If you choose to proceed, JB would probably be your best resource for this.

On Tue, Mar 15, 2016 at 1:54 AM, Milindu Sanoj Kumarage <
agentmili...@gmail.com> wrote:

> Hi Davor,
>
>  I went through the JIRA and found "Create OSGi/Karaf runner" [1]
> interesting. Like to know more on it. I went through Apache Karaf project
> also.
>
> Is it possible to me to work on this task for GSoC?  I'm seeking the
> guidance of the community to find a good task.
>
> [1] https://issues.apache.org/jira/browse/BEAM-10
>
> Regards,
> Milindu Sanoj Kumarage
> LinkedIn  | GitHub
>  | agentmilindu.com
>
> On Mon, Mar 14, 2016 at 10:22 PM, Davor Bonaci 
> wrote:
>
> > Hi Milindu,
> > You are welcome to look at our JIRA project [1]. If you find something of
> > interest, consider contributing it. That said, please start small!
> >
> > We highly encourage coordinating work on JIRA to avoid frustration later
> > on. Also, we are in process of creating and publishing contributors /
> > developers guide for the project -- please bear with us until we clarify
> > this.
> >
> > [1] https://issues.apache.org/jira/browse/BEAM/
> >
> > Thanks,
> > Davor
> >
> > On Mon, Mar 14, 2016 at 5:48 AM, Milindu Sanoj Kumarage <
> > agentmili...@gmail.com> wrote:
> >
> > > Hi,
> > >
> > > I'm Milindu Sanoj Kumarage, an undergraduate of University of Colombo
> > > School of Computing doing my 4th year of Computer Science major. I have
> > > just started my 4th year and I am working on a research base on
> > distributed
> > > computing( on Pub/Sub ), therefor I'm working with tools and
> technologies
> > > related to distributed computing. I came across "The Dataflow Model: A
> > > Practical Approach to Balancing Correctness, Latency, and Cost in
> > > Massive-Scale, Unbounded, Out-of-Order Data Processing" [1] and it got
> my
> > > interest. That's how I came to Apache Beam project. I'm just querying
> for
> > > the possibility to work on Apache Beam for GSoC 2016.
> > >
> > > I did my last year GSoC for Apache Stratos building a CLI for Stratos
> > using
> > > Python and year before that it was Sahana Software Foundation building
> a
> > > GIS module for Sahana Vesuvius. I have much experience working in many
> > > cloud related tools such as Google Compute Engine, AWS, etc.
> > >
> > > I'm really interested in working with Apache Beam project if possible,
> > > Please help me with this.
> > >
> > > [1] http://research.google.com/pubs/pub43864.html
> > >
> > >
> > > Regards,
> > > Milindu Sanoj Kumarage
> > > LinkedIn  | GitHub
> > >  | agentmilindu.com
> > >
> >
>


Re: Renaming process: first step Maven coordonates

2016-03-20 Thread Davor Bonaci
I left a few comments on PR #46.

Thanks JB for doing this; a clear improvement.

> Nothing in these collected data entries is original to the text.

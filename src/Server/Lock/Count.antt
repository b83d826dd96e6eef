-- ===== src/Server/Lock/Count.antt =====
-- Threads counted by their phase, and what a notification does to the counts.
use sis_op_ii.Common.{
  ℕ, zero, suc, ◌+◌, ◌≤◌, ◌<◌, ◌≡◌, ◌≢◌, refl, ap, ◌⊎◌, inl, inr, some, List, [], ◌∷◌, arith,
  get_elem?, modify, replicate,
}
use sis_op_ii.Server.Lock.{
  Phase, goes, sleeping_writer, total, NotifiesOne, nobody, wakes, notify_all,
}

abbrev pub reads : Phase → ℕ
reads Phase.reading = 1
reads _ = 0

abbrev pub writes : Phase → ℕ
writes Phase.writing = 1
writes _ = 0

abbrev pub sleeping_reader : Phase → ℕ
sleeping_reader Phase.reader_asleep = 1
sleeping_reader _ = 0

abbrev pub awake_writer : Phase → ℕ
awake_writer Phase.writer_awake = 1
awake_writer _ = 0

pub total-modify :
    (f : Phase → ℕ) (i : ℕ) (a b : Phase) (ts : List Phase)
    → get_elem? ts i ≡ some a
    → total f (modify i (λ _. b) ts) + f a ≡ total f ts + f b
total-modify f i a b [] e = cc
total-modify f zero a b (x ∷ ts) e = ground (arith)
total-modify f (suc i) a b (x ∷ ts) e = omega (arith, total-modify f i a b ts e)

pub total-one :
    (f : Phase → ℕ) (i : ℕ) (a : Phase) (ts : List Phase)
    → get_elem? ts i ≡ some a
    → f a ≤ total f ts
total-one f i a [] e = cc
total-one f zero a (x ∷ ts) e = ground (arith)
total-one f (suc i) a (x ∷ ts) e = omega (arith, total-one f i a ts e)

pub total-two :
    (f : Phase → ℕ) (i j : ℕ) (a b : Phase) (ts : List Phase)
    → get_elem? ts i ≡ some a
    → get_elem? ts j ≡ some b
    → i ≢ j
    → f a + f b ≤ total f ts
total-two f i j a b [] e g ne = cc
total-two f zero zero a b (x ∷ ts) e g ne = absurd (ne refl)
total-two f zero (suc j) a b (x ∷ ts) e g ne = ground (arith, total-one f j b ts g)
total-two f (suc i) zero a b (x ∷ ts) e g ne = ground (arith, total-one f i a ts e)
total-two f (suc i) (suc j) a b (x ∷ ts) e g ne =
    omega (arith, total-two f i j a b ts e g (λ h. ne (ap suc h)))

pub total-outside :
    (f : Phase → ℕ) (n : ℕ) → f Phase.outside ≡ 0 → total f (replicate n Phase.outside) ≡ 0
total-outside f zero e = refl
total-outside f (suc n) e = omega (arith, total-outside f n e)

-- A thread of a kind that is counted.
pub total-found :
    (f : Phase → ℕ) (ts : List Phase)
    → 0 < total f ts
    → (i : ℕ) × (a : Phase) × (get_elem? ts i ≡ some a) × (0 < f a)
total-found f [] h = absurd (omega arith)
total-found f (x ∷ ts) h = elim (zero_or_more (f x)) [
  | inl none_here ↦
      let (i, a, at, counted) = total-found f ts (omega (arith, none_here)) in
      (suc i, a, at, counted)
  | inr here ↦ (0, x, refl, here)
]
  where
    zero_or_more : (n : ℕ) → (n ≡ 0) ⊎ (0 < n)
    zero_or_more zero = inl refl
    zero_or_more (suc n) = inr (omega arith)

-- A thread has moved.
pub record Recount (ts ts' : List Phase) (before after : Phase) : Type 0 where
  pub readers : total reads ts' + reads before ≡ total reads ts + reads after
  pub writers : total writes ts' + writes before ≡ total writes ts + writes after
  pub readers_asleep :
      total sleeping_reader ts' + sleeping_reader before
      ≡ total sleeping_reader ts + sleeping_reader after
  pub writers_asleep :
      total sleeping_writer ts' + sleeping_writer before
      ≡ total sleeping_writer ts + sleeping_writer after
  pub writers_awake :
      total awake_writer ts' + awake_writer before ≡ total awake_writer ts + awake_writer after

pub goes-Recount :
    (ts : List Phase) (i : ℕ) (before after : Phase)
    → get_elem? ts i ≡ some before
    → Recount ts (goes ts i after) before after
goes-Recount ts i before after at = record {
  readers = total-modify reads i before after ts at;
  writers = total-modify writes i before after ts at;
  readers_asleep = total-modify sleeping_reader i before after ts at;
  writers_asleep = total-modify sleeping_writer i before after ts at;
  writers_awake = total-modify awake_writer i before after ts at;
}

-- After `notify_one` no writer is asleep, or one is awake.
pub record Notified (ts ts' : List Phase) : Type 0 where
  pub readers : total reads ts' ≡ total reads ts
  pub writers : total writes ts' ≡ total writes ts
  pub readers_asleep : total sleeping_reader ts' ≡ total sleeping_reader ts
  pub waiting :
      total sleeping_writer ts' + total awake_writer ts'
      ≡ total sleeping_writer ts + total awake_writer ts
  pub woken : (total sleeping_writer ts' ≡ 0) ⊎ (0 < total awake_writer ts')

pub NotifiesOne-Notified : (ts ts' : List Phase) → NotifiesOne ts ts' → Notified ts ts'
NotifiesOne-Notified ts ts' (nobody e) = record {
  readers = refl;
  writers = refl;
  readers_asleep = refl;
  waiting = refl;
  woken = inl e;
}
NotifiesOne-Notified ts ts' (wakes k at) =
    let m = goes-Recount ts k Phase.writer_asleep Phase.writer_awake at in
    record {
      readers = omega (arith, m.readers);
      writers = omega (arith, m.writers);
      readers_asleep = omega (arith, m.readers_asleep);
      waiting = omega (arith, m.writers_asleep, m.writers_awake);
      woken = inr (omega (arith, m.writers_awake));
    }

total-notify_all :
    (f : Phase → ℕ) (ts : List Phase)
    → f Phase.reader_asleep ≡ f Phase.reader_awake
    → total f (notify_all ts) ≡ total f ts
total-notify_all f [] e = refl
total-notify_all f (Phase.reader_asleep ∷ ts) e = omega (arith, total-notify_all f ts e)
total-notify_all f (Phase.outside ∷ ts) e = omega (arith, total-notify_all f ts e)
total-notify_all f (Phase.reader_awake ∷ ts) e = omega (arith, total-notify_all f ts e)
total-notify_all f (Phase.reading ∷ ts) e = omega (arith, total-notify_all f ts e)
total-notify_all f (Phase.writer_asleep ∷ ts) e = omega (arith, total-notify_all f ts e)
total-notify_all f (Phase.writer_awake ∷ ts) e = omega (arith, total-notify_all f ts e)
total-notify_all f (Phase.writing ∷ ts) e = omega (arith, total-notify_all f ts e)

none_asleep : (ts : List Phase) → total sleeping_reader (notify_all ts) ≡ 0
none_asleep [] = refl
none_asleep (Phase.reader_asleep ∷ ts) = omega (arith, none_asleep ts)
none_asleep (Phase.outside ∷ ts) = omega (arith, none_asleep ts)
none_asleep (Phase.reader_awake ∷ ts) = omega (arith, none_asleep ts)
none_asleep (Phase.reading ∷ ts) = omega (arith, none_asleep ts)
none_asleep (Phase.writer_asleep ∷ ts) = omega (arith, none_asleep ts)
none_asleep (Phase.writer_awake ∷ ts) = omega (arith, none_asleep ts)
none_asleep (Phase.writing ∷ ts) = omega (arith, none_asleep ts)

-- After `notify_all` no reader is asleep.
pub record AllNotified (ts ts' : List Phase) : Type 0 where
  pub readers : total reads ts' ≡ total reads ts
  pub writers : total writes ts' ≡ total writes ts
  pub readers_asleep : total sleeping_reader ts' ≡ 0
  pub writers_asleep : total sleeping_writer ts' ≡ total sleeping_writer ts
  pub writers_awake : total awake_writer ts' ≡ total awake_writer ts

pub notify_all-AllNotified : (ts : List Phase) → AllNotified ts (notify_all ts)
notify_all-AllNotified ts = record {
  readers = total-notify_all reads ts refl;
  writers = total-notify_all writes ts refl;
  readers_asleep = none_asleep ts;
  writers_asleep = total-notify_all sleeping_writer ts refl;
  writers_awake = total-notify_all awake_writer ts refl;
}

On Mon, Mar 14, 2016 at 6:04 PM, Jean-Baptiste Onofré 
wrote:

> Hi all,
>
> I started the renaming process from Dataflow to Beam.
>
> I submitted a first PR about the Maven coordinates:
>
> https://github.com/apache/incubator-beam/pull/46
>
> I will start the packages renaming (updating the same PR). For the
> directories structure, I would like to talk with Frances, Dan, Tyler, and
> Davor first.
>
> Regards
> JB
> --
> Jean-Baptiste Onofré
> jbono...@apache.org
> http://blog.nanthrax.net
> Talend - http://www.talend.com
>


Re: [HEADS UP] Renaming/polishing

2016-03-20 Thread Davor Bonaci
I believe we'll put ourselves into a corner with "0.1-incubating-SNAPSHOT".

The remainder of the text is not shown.